───── RECORDS

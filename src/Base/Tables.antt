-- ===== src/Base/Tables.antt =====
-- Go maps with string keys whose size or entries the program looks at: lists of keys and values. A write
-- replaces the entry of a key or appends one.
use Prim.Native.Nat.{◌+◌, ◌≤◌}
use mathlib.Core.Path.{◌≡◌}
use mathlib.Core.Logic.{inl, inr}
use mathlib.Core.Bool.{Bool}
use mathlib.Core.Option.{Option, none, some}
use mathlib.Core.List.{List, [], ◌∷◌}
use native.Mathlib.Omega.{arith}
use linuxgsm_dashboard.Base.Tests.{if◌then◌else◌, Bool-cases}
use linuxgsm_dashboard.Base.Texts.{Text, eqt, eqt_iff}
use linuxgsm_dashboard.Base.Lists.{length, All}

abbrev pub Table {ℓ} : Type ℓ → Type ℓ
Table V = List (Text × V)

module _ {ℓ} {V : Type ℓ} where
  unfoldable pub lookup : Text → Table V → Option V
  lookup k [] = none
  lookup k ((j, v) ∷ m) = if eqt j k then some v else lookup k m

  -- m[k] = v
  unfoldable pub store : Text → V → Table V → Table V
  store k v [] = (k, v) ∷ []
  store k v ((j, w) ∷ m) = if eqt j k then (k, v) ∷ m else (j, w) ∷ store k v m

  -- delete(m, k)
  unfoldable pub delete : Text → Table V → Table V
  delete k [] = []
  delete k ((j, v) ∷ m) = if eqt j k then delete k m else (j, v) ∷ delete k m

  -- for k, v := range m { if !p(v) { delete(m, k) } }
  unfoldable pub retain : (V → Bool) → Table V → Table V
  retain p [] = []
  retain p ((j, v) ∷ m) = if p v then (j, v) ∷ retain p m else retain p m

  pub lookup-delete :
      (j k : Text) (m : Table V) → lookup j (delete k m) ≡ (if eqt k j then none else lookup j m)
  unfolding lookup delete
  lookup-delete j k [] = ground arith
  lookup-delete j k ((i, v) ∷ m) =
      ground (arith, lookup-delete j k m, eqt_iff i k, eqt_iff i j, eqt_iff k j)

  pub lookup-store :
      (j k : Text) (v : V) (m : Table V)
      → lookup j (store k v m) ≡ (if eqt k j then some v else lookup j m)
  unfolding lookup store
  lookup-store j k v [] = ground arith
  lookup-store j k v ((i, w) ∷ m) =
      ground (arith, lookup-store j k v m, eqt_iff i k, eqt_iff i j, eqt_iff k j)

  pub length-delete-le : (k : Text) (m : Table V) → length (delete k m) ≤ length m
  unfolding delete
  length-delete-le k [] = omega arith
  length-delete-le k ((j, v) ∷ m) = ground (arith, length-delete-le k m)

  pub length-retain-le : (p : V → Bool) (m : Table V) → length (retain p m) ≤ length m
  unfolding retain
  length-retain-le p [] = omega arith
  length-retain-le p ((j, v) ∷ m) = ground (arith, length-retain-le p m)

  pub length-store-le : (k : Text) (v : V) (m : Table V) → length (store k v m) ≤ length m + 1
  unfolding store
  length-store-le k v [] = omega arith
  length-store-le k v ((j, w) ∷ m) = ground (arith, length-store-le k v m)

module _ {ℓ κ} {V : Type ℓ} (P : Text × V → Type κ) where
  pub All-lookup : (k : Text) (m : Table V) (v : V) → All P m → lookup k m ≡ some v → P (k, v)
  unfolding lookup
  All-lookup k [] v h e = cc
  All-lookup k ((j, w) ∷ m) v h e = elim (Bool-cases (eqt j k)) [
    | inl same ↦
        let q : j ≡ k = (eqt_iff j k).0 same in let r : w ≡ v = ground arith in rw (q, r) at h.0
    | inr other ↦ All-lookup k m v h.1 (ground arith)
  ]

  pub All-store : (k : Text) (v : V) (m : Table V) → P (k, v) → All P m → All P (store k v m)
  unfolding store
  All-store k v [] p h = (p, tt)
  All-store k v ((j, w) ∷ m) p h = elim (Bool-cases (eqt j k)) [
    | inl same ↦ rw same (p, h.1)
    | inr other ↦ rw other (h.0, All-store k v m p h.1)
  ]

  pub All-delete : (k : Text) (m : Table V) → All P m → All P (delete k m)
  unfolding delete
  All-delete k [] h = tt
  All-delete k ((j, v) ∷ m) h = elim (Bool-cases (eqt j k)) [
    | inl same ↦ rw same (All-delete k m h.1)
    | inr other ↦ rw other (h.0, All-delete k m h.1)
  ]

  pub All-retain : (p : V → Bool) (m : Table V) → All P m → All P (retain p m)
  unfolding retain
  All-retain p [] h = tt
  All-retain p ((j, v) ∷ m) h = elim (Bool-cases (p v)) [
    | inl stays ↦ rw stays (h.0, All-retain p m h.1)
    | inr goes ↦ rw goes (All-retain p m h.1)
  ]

──────────
───── RECORDS

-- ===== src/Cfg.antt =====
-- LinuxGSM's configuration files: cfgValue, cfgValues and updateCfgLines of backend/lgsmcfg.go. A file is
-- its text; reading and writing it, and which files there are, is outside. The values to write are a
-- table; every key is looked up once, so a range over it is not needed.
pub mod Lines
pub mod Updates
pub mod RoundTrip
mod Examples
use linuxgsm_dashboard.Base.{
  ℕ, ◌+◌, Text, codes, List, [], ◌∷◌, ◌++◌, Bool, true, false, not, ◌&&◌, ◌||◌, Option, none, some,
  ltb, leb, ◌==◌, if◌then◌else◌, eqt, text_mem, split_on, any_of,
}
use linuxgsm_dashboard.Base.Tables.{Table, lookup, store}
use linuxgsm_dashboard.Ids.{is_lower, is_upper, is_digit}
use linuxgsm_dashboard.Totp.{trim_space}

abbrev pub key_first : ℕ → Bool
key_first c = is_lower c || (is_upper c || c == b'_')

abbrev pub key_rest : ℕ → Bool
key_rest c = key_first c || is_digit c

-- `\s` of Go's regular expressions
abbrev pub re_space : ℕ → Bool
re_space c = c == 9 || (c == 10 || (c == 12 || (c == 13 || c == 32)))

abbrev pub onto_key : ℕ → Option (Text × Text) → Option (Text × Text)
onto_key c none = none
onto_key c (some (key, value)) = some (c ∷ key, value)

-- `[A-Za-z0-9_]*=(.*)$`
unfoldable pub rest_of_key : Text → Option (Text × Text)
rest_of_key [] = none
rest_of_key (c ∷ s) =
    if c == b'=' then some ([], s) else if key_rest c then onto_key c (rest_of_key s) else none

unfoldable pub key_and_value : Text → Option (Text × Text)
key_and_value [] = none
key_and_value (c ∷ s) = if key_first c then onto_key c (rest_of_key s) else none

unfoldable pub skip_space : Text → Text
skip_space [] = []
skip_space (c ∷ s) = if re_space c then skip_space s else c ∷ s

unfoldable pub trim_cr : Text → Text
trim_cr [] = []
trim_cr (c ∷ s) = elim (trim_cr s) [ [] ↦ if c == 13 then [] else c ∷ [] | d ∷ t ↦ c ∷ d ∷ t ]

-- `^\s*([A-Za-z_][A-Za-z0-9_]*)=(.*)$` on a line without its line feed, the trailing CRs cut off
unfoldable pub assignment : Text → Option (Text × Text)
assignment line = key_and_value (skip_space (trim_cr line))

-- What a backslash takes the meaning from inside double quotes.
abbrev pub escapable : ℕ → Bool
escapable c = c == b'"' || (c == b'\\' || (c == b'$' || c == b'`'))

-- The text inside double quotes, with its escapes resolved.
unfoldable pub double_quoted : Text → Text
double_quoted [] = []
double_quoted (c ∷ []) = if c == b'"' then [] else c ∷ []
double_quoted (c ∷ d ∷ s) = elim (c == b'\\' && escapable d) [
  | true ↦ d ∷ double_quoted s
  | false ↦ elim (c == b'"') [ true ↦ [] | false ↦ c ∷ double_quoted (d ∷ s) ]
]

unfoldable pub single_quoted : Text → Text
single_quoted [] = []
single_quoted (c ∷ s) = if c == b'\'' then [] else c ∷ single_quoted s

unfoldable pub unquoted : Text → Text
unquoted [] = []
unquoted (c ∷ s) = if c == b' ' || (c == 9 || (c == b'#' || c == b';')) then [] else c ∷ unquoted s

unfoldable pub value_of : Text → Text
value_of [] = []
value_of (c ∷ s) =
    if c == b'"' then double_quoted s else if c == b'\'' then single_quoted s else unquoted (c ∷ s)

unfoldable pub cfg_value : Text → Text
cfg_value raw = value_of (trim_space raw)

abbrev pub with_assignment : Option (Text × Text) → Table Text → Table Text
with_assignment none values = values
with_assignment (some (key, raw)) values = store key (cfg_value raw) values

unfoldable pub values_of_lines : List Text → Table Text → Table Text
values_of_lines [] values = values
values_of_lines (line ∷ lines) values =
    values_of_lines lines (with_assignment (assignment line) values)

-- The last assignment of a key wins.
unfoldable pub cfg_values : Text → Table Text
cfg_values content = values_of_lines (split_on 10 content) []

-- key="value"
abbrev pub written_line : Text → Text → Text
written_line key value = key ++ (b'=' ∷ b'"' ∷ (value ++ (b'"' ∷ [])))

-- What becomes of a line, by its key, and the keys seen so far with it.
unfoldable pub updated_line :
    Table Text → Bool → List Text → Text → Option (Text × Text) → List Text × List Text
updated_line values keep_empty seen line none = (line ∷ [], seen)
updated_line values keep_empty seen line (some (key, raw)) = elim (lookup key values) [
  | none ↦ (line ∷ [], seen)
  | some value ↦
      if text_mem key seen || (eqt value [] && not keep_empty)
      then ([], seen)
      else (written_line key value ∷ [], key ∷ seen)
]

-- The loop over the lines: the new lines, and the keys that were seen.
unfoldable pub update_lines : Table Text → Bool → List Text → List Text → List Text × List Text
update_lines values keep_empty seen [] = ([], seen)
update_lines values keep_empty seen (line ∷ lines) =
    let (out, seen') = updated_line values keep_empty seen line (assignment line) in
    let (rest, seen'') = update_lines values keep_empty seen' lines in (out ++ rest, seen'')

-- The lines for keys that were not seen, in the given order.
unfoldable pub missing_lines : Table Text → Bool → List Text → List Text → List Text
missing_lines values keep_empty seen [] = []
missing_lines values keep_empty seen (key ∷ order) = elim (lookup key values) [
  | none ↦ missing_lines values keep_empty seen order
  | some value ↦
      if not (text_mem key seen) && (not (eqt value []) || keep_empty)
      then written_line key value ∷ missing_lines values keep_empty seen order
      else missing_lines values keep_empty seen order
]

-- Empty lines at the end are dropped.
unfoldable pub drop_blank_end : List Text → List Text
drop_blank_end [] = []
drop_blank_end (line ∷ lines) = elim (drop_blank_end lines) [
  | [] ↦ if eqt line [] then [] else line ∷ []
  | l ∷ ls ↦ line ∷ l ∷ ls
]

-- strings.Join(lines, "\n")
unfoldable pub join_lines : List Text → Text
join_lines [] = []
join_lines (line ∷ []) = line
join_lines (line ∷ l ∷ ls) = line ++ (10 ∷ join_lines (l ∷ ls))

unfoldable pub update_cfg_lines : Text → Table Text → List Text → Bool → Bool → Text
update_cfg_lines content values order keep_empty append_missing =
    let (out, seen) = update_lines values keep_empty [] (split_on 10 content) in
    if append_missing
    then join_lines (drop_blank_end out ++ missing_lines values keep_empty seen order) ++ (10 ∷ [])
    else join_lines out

──────────
───── RECORDS

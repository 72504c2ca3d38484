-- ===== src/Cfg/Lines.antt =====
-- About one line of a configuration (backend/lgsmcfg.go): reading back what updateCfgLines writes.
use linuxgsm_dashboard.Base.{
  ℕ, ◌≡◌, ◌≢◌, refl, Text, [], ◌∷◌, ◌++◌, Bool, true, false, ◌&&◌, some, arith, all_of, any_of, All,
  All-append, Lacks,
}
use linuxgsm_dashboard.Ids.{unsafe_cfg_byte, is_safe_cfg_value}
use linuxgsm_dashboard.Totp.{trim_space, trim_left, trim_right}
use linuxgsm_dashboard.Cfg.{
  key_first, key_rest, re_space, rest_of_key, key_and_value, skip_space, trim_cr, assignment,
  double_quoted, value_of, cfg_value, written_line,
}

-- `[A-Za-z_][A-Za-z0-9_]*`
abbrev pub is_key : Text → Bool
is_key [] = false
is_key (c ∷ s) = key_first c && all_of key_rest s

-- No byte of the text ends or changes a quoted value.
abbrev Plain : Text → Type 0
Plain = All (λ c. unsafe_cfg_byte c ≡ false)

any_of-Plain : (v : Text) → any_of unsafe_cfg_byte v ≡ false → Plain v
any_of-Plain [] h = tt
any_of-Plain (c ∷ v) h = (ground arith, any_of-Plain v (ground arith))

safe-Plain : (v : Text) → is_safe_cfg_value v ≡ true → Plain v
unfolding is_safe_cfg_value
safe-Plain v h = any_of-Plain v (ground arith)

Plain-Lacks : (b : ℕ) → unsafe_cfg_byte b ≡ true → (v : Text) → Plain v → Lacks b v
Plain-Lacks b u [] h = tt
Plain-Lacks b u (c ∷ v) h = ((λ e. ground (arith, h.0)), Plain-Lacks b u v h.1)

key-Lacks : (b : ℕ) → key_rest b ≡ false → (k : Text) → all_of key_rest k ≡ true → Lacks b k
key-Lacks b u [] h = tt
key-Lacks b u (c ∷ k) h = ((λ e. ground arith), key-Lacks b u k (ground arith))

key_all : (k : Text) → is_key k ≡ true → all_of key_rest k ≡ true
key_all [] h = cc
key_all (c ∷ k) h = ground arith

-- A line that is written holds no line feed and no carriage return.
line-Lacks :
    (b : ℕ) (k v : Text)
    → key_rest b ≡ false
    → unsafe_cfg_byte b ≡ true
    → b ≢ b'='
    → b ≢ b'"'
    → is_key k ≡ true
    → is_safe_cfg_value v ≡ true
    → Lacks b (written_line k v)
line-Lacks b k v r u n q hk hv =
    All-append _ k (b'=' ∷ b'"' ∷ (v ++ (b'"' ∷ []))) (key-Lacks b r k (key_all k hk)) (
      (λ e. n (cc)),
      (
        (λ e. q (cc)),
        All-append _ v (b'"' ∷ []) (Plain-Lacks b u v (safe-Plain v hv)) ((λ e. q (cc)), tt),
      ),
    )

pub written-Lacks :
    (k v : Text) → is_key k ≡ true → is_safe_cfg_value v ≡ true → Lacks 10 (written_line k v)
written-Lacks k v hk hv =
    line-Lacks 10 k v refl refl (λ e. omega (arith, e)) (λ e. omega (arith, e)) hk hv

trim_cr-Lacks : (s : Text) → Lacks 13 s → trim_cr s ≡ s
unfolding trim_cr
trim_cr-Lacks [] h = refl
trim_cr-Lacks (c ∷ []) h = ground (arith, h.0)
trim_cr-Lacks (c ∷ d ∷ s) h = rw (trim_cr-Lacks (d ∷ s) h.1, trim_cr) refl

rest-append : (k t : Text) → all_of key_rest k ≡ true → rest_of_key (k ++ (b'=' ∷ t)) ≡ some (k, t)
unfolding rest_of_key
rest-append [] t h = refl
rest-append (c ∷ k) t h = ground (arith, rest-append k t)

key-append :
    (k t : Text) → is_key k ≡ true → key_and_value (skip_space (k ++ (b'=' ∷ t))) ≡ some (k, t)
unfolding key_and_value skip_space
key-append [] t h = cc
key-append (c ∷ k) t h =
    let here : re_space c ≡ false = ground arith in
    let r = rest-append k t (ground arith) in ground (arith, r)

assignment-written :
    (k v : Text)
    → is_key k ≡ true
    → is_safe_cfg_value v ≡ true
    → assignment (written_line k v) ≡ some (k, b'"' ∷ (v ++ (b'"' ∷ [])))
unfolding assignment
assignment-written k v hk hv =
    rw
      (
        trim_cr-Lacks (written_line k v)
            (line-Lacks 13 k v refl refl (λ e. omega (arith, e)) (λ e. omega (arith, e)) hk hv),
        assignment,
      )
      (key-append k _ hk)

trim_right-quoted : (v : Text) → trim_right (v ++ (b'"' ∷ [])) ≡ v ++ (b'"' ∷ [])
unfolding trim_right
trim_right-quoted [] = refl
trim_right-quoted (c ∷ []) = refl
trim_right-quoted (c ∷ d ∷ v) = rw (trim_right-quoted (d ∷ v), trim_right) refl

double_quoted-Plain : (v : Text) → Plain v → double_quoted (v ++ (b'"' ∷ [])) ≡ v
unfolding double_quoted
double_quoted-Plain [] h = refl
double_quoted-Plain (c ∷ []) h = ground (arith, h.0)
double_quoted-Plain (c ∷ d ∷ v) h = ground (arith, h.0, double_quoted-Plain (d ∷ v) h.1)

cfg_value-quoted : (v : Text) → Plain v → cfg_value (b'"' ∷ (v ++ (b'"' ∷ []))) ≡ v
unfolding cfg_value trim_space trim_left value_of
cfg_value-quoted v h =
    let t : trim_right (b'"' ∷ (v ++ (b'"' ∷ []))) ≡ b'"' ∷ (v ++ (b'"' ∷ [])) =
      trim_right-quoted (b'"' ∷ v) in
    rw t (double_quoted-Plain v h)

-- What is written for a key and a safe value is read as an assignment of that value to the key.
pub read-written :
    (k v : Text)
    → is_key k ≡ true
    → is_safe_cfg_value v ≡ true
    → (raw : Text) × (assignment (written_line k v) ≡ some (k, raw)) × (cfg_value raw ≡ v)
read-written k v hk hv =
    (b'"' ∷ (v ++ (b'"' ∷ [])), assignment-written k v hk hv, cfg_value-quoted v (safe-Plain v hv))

──────────

EXERCISE INSTRUCTIONS -
Reproduce verbatim only the segment of the listing bounded by the line containing "-- table; every" and the line containing "escapable c = c", with both boundary lines included.

ANSWER BELOW -
-- table; every key is looked up once, so a range over it is not needed.
pub mod Lines
pub mod Updates
pub mod RoundTrip
mod Examples
use linuxgsm_dashboard.Base.{
  ℕ, ◌+◌, Text, codes, List, [], ◌∷◌, ◌++◌, Bool, true, false, not, ◌&&◌, ◌||◌, Option, none, some,
  ltb, leb, ◌==◌, if◌then◌else◌, eqt, text_mem, split_on, any_of,
}
use linuxgsm_dashboard.Base.Tables.{Table, lookup, store}
use linuxgsm_dashboard.Ids.{is_lower, is_upper, is_digit}
use linuxgsm_dashboard.Totp.{trim_space}

abbrev pub key_first : ℕ → Bool
key_first c = is_lower c || (is_upper c || c == b'_')

abbrev pub key_rest : ℕ → Bool
key_rest c = key_first c || is_digit c

-- `\s` of Go's regular expressions
abbrev pub re_space : ℕ → Bool
re_space c = c == 9 || (c == 10 || (c == 12 || (c == 13 || c == 32)))

abbrev pub onto_key : ℕ → Option (Text × Text) → Option (Text × Text)
onto_key c none = none
onto_key c (some (key, value)) = some (c ∷ key, value)

-- `[A-Za-z0-9_]*=(.*)$`
unfoldable pub rest_of_key : Text → Option (Text × Text)
rest_of_key [] = none
rest_of_key (c ∷ s) =
    if c == b'=' then some ([], s) else if key_rest c then onto_key c (rest_of_key s) else none

unfoldable pub key_and_value : Text → Option (Text × Text)
key_and_value [] = none
key_and_value (c ∷ s) = if key_first c then onto_key c (rest_of_key s) else none

unfoldable pub skip_space : Text → Text
skip_space [] = []
skip_space (c ∷ s) = if re_space c then skip_space s else c ∷ s

unfoldable pub trim_cr : Text → Text
trim_cr [] = []
trim_cr (c ∷ s) = elim (trim_cr s) [ [] ↦ if c == 13 then [] else c ∷ [] | d ∷ t ↦ c ∷ d ∷ t ]

-- `^\s*([A-Za-z_][A-Za-z0-9_]*)=(.*)$` on a line without its line feed, the trailing CRs cut off
unfoldable pub assignment : Text → Option (Text × Text)
assignment line = key_and_value (skip_space (trim_cr line))

-- What a backslash takes the meaning from inside double quotes.
abbrev pub escapable : ℕ → Bool
escapable c = c == b'"' || (c == b'\\' || (c == b'$' || c == b'`'))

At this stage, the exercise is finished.